The same tier, sure. Itachi beating one Sannin who relies heavily on his WSP and body modifications to regen due to having abilities which explicitly ignore those advantages is why Itachi beats Orochimaru mid diff or worse. That doesnt and shouldnt automatically apply to Jiraiya for example unless ABC logic is in use


----------



## ThirdRidoku (Nov 2, 2019)

X III said:


> *I already have, and what I do realize is that the amount of people who believe Itachi is stronger than Kaguya is abysmally small.* Now are you going to claim that everybody is biased against Itachi? Or is it possible that people have different opinions than you in the minority?



 Citation for the bolded? Right, you have none. Come back to me when you compile statistics on this subject that actually encompass the entire narutofanbase. Include every single person  in real life who has watched Naruto and people from other websites; good luck. And when you are done, it still doesn't mean a dam thing, as I don't subscribe to ad  arguments anyway.

The problem isn't different opinions. Some opinions are more justified/credible than others if they are better supported by* facts*, which is the whole concept of an* argument*, but at the end of the day its still opinionated. I don't mind different arguments, as long as it comes from unbiased assessment of the facts and doesn't contain hypocrisy or any logical fallacies... 

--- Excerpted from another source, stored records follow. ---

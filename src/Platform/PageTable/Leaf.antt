-- ===== src/Platform/PageTable/Leaf.antt =====
-- Writes to the tables of the last level.
use kush_os_rewrite.Base.{ℕ, ◌<◌, Bool, false, arith}
use kush_os_rewrite.Base.{◌≡◌, ap, sym, ◌∙◌, ◌≢◌, ◌⊎◌, inl, inr, ==_of_ne}
use kush_os_rewrite.Platform.PageTable.{present, large, table_addr, Memory, slot, write_slot}
use kush_os_rewrite.Platform.PageTable.Tree.{Levels, IsTree, slot-injective}

-- A write to a table of the last level leaves the entries of the others, and the tree.
module _ (early : Bool) (level : Levels) (mem : Memory) (tree : IsTree early level mem) (t i v : ℕ)
    (leaf : level t ≡ 1) (small : i < 512) where
  pub leaf-other :
      (q j : ℕ) → 1 < level q → j < 512 → write_slot mem (slot t i) v (slot q j) ≡ mem (slot q j)
  leaf-other q j upper h =
      let ne : slot q j ≢ slot t i = λ e. absurd (
        omega (
          arith,
          leaf,
          upper,
          ap level
              (slot-injective q j t i (tree.aligned q (omega arith)).0
                (tree.aligned t (omega arith)).0 h small e).0,
        )) in
      rw (==_of_ne _ _ ne)

  pub leaf-IsTree : IsTree early level (write_slot mem (slot t i) v)
  leaf-IsTree = record {
    aligned = tree.aligned;
    down = λ q j l lq h p s.
        let kept : write_slot mem (slot t i) v (slot q j) ≡ mem (slot q j) =
          leaf-other q j (omega arith) h in
        ap (λ x. level (table_addr x)) kept
        ∙ tree.down q j l lq h (sym (ap present kept) ∙ p) (small_case kept s);
    owner = tree.owner;
    owned = λ q j l lq h p s.
        let kept : write_slot mem (slot t i) v (slot q j) ≡ mem (slot q j) =
          leaf-other q j (omega arith) h in
        ap (λ x. tree.owner (table_addr x)) kept
        ∙ tree.owned q j l lq h (sym (ap present kept) ∙ p) (small_case kept s);
  }
    where
      small_case : {x y l : ℕ} → x ≡ y → (large x ≡ false) ⊎ (l ≡ 2) → (large y ≡ false) ⊎ (l ≡ 2)
      small_case e (inl s) = inl (sym (ap large e) ∙ s)
      small_case e (inr s) = inr s
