-- ===== src/Platform/PageTable/Walk.antt =====
-- A walk of `getPhysAddr` along present entries.
use kush_os_rewrite.Base.{ℕ, ◌+◌, ◌<◌, Bool, true, false, u64, bit_and}
use kush_os_rewrite.Base.{◌≡◌, Outcome, done, none, some}
use kush_os_rewrite.Platform.PageTable.{
  present, large, table_addr, index, Memory, slot, walk_table, get_phys_addr, not_canonical,
  decode_phys, decode_mode, Lookup, found, not_found,
}
use kush_os_rewrite.Platform.PageTable.Tree.{limit, read_table_lem, index-lt}

-- One step of a walk, at an entry that is known.
pub walk-present :
    {A : Type 0} (early : Bool) (mem : Memory) (t i entry : ℕ) (absent : A) (next : ℕ → Outcome A)
    → t < limit early
    → i < 512
    → mem (slot t i) ≡ entry
    → present entry ≡ true
    → walk_table early mem t i absent next ≡ next entry
unfolding walk_table
walk-present early mem t i entry absent next low small e p =
    rw (read_table_lem early mem t i low small, e, p)

-- And at an entry that is not present.
pub walk-absent :
    {A : Type 0} (early : Bool) (mem : Memory) (t i : ℕ) (absent : A) (next : ℕ → Outcome A)
    → t < limit early
    → i < 512
    → present (mem (slot t i)) ≡ false
    → walk_table early mem t i absent next ≡ done absent
unfolding walk_table
walk-absent early mem t i absent next low small p = rw (read_table_lem early mem t i low small, p)

abbrev pub not_there : Lookup
not_there = record { status = not_found; out = none }

-- The entries of the upper three tables on the way to an address.
pub record Path4 (early : Bool) (mem : Memory) (virt pml4 e4 e3 e2 : ℕ) : Type 0 where
  pub low4 : pml4 < limit early
  pub low3 : table_addr e4 < limit early
  pub low2 : table_addr e3 < limit early
  pub low1 : table_addr e2 < limit early
  pub at4 : mem (slot pml4 (index 39 virt)) ≡ e4
  pub at3 : mem (slot (table_addr e4) (index 30 virt)) ≡ e3
  pub at2 : mem (slot (table_addr e3) (index 21 virt)) ≡ e2
  pub here4 : present e4 ≡ true
  pub here3 : present e3 ≡ true
  pub here2 : present e2 ≡ true
  pub small3 : large e3 ≡ false
  pub small2 : large e2 ≡ false

module _ (early : Bool) (mem : Memory) (virt pml4 e4 e3 e2 : ℕ)
    (canonical : not_canonical virt ≡ false) (path : Path4 early mem virt pml4 e4 e3 e2) where
  pub get_phys_addr-found :
      (pte : ℕ)
      → mem (slot (table_addr e2) (index 12 virt)) ≡ pte
      → present pte ≡ true
      → get_phys_addr early pml4 mem virt
        ≡ done (record {
          status = found;
          out = some (u64 (decode_phys pte + bit_and virt 0xfff), decode_mode pte);
        })
  unfolding get_phys_addr
  get_phys_addr-found pte at1 here1 = rw (
    canonical,
    walk-present early mem pml4 (index 39 virt) e4 not_there _ path.low4 (index-lt 39 virt) path.at4
        path.here4,
    walk-present early mem (table_addr e4) (index 30 virt) e3 not_there _ path.low3
        (index-lt 30 virt) path.at3 path.here3,
    path.small3,
    walk-present early mem (table_addr e3) (index 21 virt) e2 not_there _ path.low2
        (index-lt 21 virt) path.at2 path.here2,
    path.small2,
    walk-present early mem (table_addr e2) (index 12 virt) pte not_there _ path.low1
        (index-lt 12 virt) at1 here1,
  )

"A given opinion may deal with * matters in which there is no conclusive finding*, *or it may deal with facts* which are sought to be disputed by the  that .
Distinguishing  from opinion is that facts are verifiable, i.e. can be agreed to by the consensus of experts. An example is: "United States of America was involved in the ," versus "United States of America was right to get involved in the Vietnam War". An opinion may be supported by facts and principles, in which case it becomes an .
Different people may draw opposing conclusions (opinions) even if they agree on the same set of facts. Opinions rarely change without new arguments being presented. It can be  that one opinion is better supported by the facts than another, by analyzing the supporting arguments.

In casual use, the term _opinion_ may be the result of a person's , , particular feelings, beliefs, and . The term may also refer to unsubstantiated information, in contrast to  and fact. 
"




X III said:


> I'm telling you to bring the information onto the thread where we're debating at. *I'm not going to read the ENTIRE goddamn OP*. Stop linking me text walls and assuming that I'm going to read through them.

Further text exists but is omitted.